1. ## First Derivative

we have: $\displaystyle y= 10x ^{Ln10x}$
First thing we do: $Ln (y) = Ln(10x) * Ln(10x)$
Finally after applying the "rules" : $y' = y* [ \frac {2 Ln (10x)}{x} ]$

Am I correct? Because wolfram alpha gives the answer in a different form first derivative of y= 10x^(Ln10x) - Wolfram|Alpha

2. ## Re: First Derivative

Originally Posted by sakonpure6
we have: $\displaystyle y= 10x ^{Ln10x}$
First thing we do: $Ln (y) = Ln(10x) * Ln(10x)$
Finally after applying the "rules" : $y' = y* [ \frac {2 Ln (10x)}{x} ]$

Am I correct? Because wolfram alpha gives the answer in a different form first derivative of y= 10x^(Ln10x) - Wolfram|Alpha

$y=10 x^{\ln(10x)}=10 \exp(\ln(x)\ln(10x))$

$\dfrac {dy}{dx}=10\exp(\ln(x)\ln(10x))\times \dfrac {d}{dx}\left(\ln(x)\ln(10x)\right)=$

$10\exp(\ln(x)\ln(10x))\times\left(\dfrac 1 x \ln(10x)+\ln(x)\dfrac{10}{x}\right)=$

$10^{\ln(10x)} \left(\dfrac 1 x \ln(10x)+\ln(x)\dfrac{10}{x}\right)$

This is what Mathematica gives.. I 'm sure this an the various forms wolfram alpha gives are all equivalent.
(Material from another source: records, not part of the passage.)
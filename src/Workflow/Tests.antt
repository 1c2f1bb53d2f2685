-- ===== src/Workflow/Tests.antt =====
-- Runs of the workflow on one case, and instances of its theorems.
use mathlib.Core.List.{Memᴰ}
use inforsight.Common.{
  ◌≤◌, true, false, ◌≡◌, refl, none, some, List, [], ◌∷◌, ◌++◌, length, str_eq, if◌then◌else◌,
}
use inforsight.Common.Dict
use inforsight.Common.Dict.{Dict}
use inforsight.Common.Result.{Result, ok, err, is_ok}
use inforsight.Workflow.Models.{
  CaseState, none_yet, created, triaged, evidence_assembled, recommended, human_reviewed, executed,
  approve_recommendation, approved, HumanReview, CaseEvent, as_of_payload, scoring_payload,
  evidence_payload, recommendation_payload, TrustedActorContext, ActionResourceRequirement,
  audit_failed, execution_payload, WorkflowError, human_review, reviewer_id_matches,
  rationale_code_matches,
}
use inforsight.Workflow.Machine.{
  CaseStateMachine, new_machine, valid_transition, transition, submit_human_review, chosen_action,
  accept_review, prepare_execution, prepare_decided, prepare_on, prepare_reviewed,
  execution_details, record_prepared_execution, resolve, record_if_ok, commit_execution,
}
use inforsight.Workflow.Lifecycle.{
  Call, call_transition, call_review, call_execution, perform, perform_all,
}
use inforsight.Workflow.Authority.{
  Trail, depth, Authorized, perform_all-Trail, length-events, perform_all-Authorized,
}
use inforsight.Workflow.Capacity.{
  Capacity, IsBalanced, replace_reservation, replacement_resources, replaced,
}
use inforsight.Workflow.Balance.{replace_reservation-IsBalanced}
use inforsight.Workflow.Service.{
  AuditRow, AuditPort, at, Outside, WorkflowContext, Service, no_faults, settle,
  restore_mutation_state, handoff, append_row, commit_write, write_store,
}
use inforsight.Workflow.Review
use inforsight.Workflow.Review.{
  ReviewRequest, submit_review, review_found, review_action, decide, review_attempt, review_checks,
}
use inforsight.Workflow.Dispatch
use inforsight.Workflow.Dispatch.{
  DispatchRequest, dispatch_execution, dispatch_keyed, dispatch_new, dispatch_checks, bound_checks,
  approval_checks, dispatch_attempt,
}
use inforsight.Workflow.Closing.{ClosingRequest, Others, resolve_case, close_case, closing_attempt}
use inforsight.Workflow.Restart.{has_event, restarted, decided, handoff-restarted}
use inforsight.Workflow.Service.{Faults, refused_before, written}
use inforsight.Workflow.Restored.{submit_review-unchanged}
use inforsight.Workflow.Delivery.{Left, dispatch_execution-Left}
use inforsight.Workflow.Execution.{IsDelivered, dispatch_execution-IsDelivered}

abbrev to_recommended : List Call
to_recommended =
    call_transition created (as_of_payload "2026-01-01") "t1" "evt_1"
    ∷ call_transition triaged (scoring_payload "tier_1") "t1" "evt_2"
    ∷ call_transition evidence_assembled (evidence_payload "digest") "t1" "evt_3"
    ∷ call_transition recommended (recommendation_payload "sms" ("sms" ∷ [])) "t1" "evt_4"
    ∷ []

abbrev good_review : HumanReview
good_review = record {
  reviewer_id = "usr_anna";
  reviewed_at = "t2";
  decision = approved;
  rationale_code = "FIT";
  justification = none;
}

abbrev to_executed : List Call
to_executed =
    to_recommended
    ++ call_review good_review "t2" "sms" ("sms" ∷ []) none "evt_5"
      ∷ call_execution "sms" "ref" [] "t3" "evt_6"
      ∷ []

executes :
    (perform_all to_executed (new_machine "case_1" "pol_1" none_yet)).current_state ≡ executed
unfolding perform_all perform transition valid_transition submit_human_review chosen_action
    accept_review commit_execution prepare_decided prepare_on prepare_reviewed execution_details
    record_if_ok
executes = refl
3. ## Re: First Derivative

I presume that "log10x" means "log, base 10, of x" or $\displaystyle log_{10}(x)$. However, taking the logarithm of both sides does NOT give $\displaystyle log_{10}(x)\log_{10}(x)$. it gives, rather, $\displaystyle log_{10}(y)= log_{10}(10)+ log_{10}(x^{log_{10}(10x)= 1+ log_{10}(x)log_{10}(10x}= 1+ log_{10}(x)+ log_{10}(x)log_{10}(x)= 1+ log_{10}(x)+ (log_{10}(x))^2$.

The derivative of both sides of that, with respect to x, is $\displaystyle \frac{1}{y}\frac{dy}{dx}= \frac{ln(10)}{x}+ \frac{2ln(10)(log_{10}(x))}{x}$